Task description:
Give back an exact copy of the lines below, from the first through the line with "pub pair : Bytes"; please stop there.

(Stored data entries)
=-=-=-=-=
-- ===== src/Aggregator.antt =====
-- src/aggregator/mod.rs: from the venues' samples to one price and one clock. `PricePoint`, `Quote`
-- and `AssetConfig` are those of src/types.rs.
pub mod Clock
pub mod Choice
pub mod Limits
pub mod Weights
pub mod Outliers
mod Tests
use kaskad_nuntius.Prelude.{
  ℕ, ◌+◌, ◌-◌, ◌*◌, ◌/◌, ◌%◌, ◌^◌, min, max, Bool, true, false, not, ◌&&◌, ◌||◌, List, [], ◌∷◌, map,
  Option, none, some, Result, ok, err, ltb, leb, nat_beq, length, get_elem?, filter, ascending,
  ◌==◌, nat_eq, list_eq, if◌then◌else◌,
}
use mathlib.Core.Option
use kaskad_nuntius.Policy.{Bytes}
use kaskad_nuntius.Float.{Float64, nought}

pub record PricePoint (F : Type 0) : Type 0 where
  pub price : F
  pub volume : F
  pub source : Bytes
  pub server_time : ℕ

pub data Quote : Type 0 where
  usd usdt : Quote

pub record SourceMapping : Type 0 where
  pub pair : Bytes
  pub quote : Quote

pub record AssetConfig : Type 0 where
  pub symbol : Bytes
  pub min_sources : ℕ
  pub deviation_threshold_bps : ℕ
  pub sources : List (Bytes × SourceMapping)

-- The seconds by which a venue's clock may differ from the median of the clocks.
abbrev pub max_time_drift_secs : ℕ
max_time_drift_secs = 300

-- The mean of the two middle ones of `n` times, as `u64`.
unfoldable pub middle_mean : List ℕ → ℕ → Option ℕ
middle_mean times n =
    Option.bind (get_elem? times (n / 2 - 1))
      λ below. Option.map (λ above. (below + above) % 2 ^ 64 / 2) (get_elem? times (n / 2))

unfoldable pub median_of : List ℕ → Option ℕ
median_of [] = none
median_of (t ∷ ts) =
    let times = ascending (t ∷ ts) in
    let n = length (t ∷ ts) in
    if nat_beq (n % 2) 0 then middle_mean times n else get_elem? times (n / 2)

unfoldable pub near : ℕ → ℕ → Bool
near median time = leb (max time median - min time median) max_time_drift_secs

unfoldable pub mapping_of : List (Bytes × SourceMapping) → Bytes → Option SourceMapping
mapping_of [] source = none
mapping_of ((name, mapping) ∷ rest) source =
    if name == source then some mapping else mapping_of rest source

unfoldable pub quote_of : AssetConfig → Bytes → Option Quote
quote_of asset source = Option.map (λ m. m.quote) (mapping_of asset.sources source)

unfoldable pub is_usdt : Option Quote → Bool
is_usdt (some usdt) = true
is_usdt _ = false

module _ {F : Type 0} ⦃f : Float64 F⦄ where
  unfoldable pub clean_volume : PricePoint F → PricePoint F
  clean_volume p =
      if not (f.is_finite p.volume) || f.lt p.volume nought then record p { volume = nought } else p

  unfoldable pub is_sane : PricePoint F → Bool
  is_sane p = f.is_finite p.price && f.lt nought p.price && ltb 0 p.server_time

  unfoldable pub sanitize : List (PricePoint F) → List (PricePoint F)
  sanitize prices = map clean_volume (filter is_sane prices)

  unfoldable pub convert_quotes_to_usd : List (PricePoint F) → AssetConfig → F → List (PricePoint F)
  convert_quotes_to_usd prices asset usdt_usd =
      if not (f.is_finite usdt_usd) || f.le usdt_usd nought
      then prices
      else map
          (λ p.
            if is_usdt (quote_of asset p.source)
            then record p { price = f.mul p.price usdt_usd }
            else p)
          prices

  unfoldable pub median_server_time : List (PricePoint F) → Option ℕ
  median_server_time prices = median_of (map (λ p. p.server_time) prices)

  unfoldable pub reject_time_outliers : List (PricePoint F) → List (PricePoint F) × Option ℕ
  reject_time_outliers prices = elim (median_server_time prices) [
    | none ↦ (prices, none)
    | some median ↦
        let kept = filter (λ p. near median p.server_time) prices in (kept, median_server_time kept)
  ]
=-=-=-=-=
Output below:
-- ===== src/Aggregator.antt =====
-- src/aggregator/mod.rs: from the venues' samples to one price and one clock. `PricePoint`, `Quote`
-- and `AssetConfig` are those of src/types.rs.
pub mod Clock
pub mod Choice
pub mod Limits
pub mod Weights
pub mod Outliers
mod Tests
use kaskad_nuntius.Prelude.{
  ℕ, ◌+◌, ◌-◌, ◌*◌, ◌/◌, ◌%◌, ◌^◌, min, max, Bool, true, false, not, ◌&&◌, ◌||◌, List, [], ◌∷◌, map,
  Option, none, some, Result, ok, err, ltb, leb, nat_beq, length, get_elem?, filter, ascending,
  ◌==◌, nat_eq, list_eq, if◌then◌else◌,
}
use mathlib.Core.Option
use kaskad_nuntius.Policy.{Bytes}
use kaskad_nuntius.Float.{Float64, nought}

pub record PricePoint (F : Type 0) : Type 0 where
  pub price : F
  pub volume : F
  pub source : Bytes
  pub server_time : ℕ

pub data Quote : Type 0 where
  usd usdt : Quote

pub record SourceMapping : Type 0 where
  pub pair : Bytes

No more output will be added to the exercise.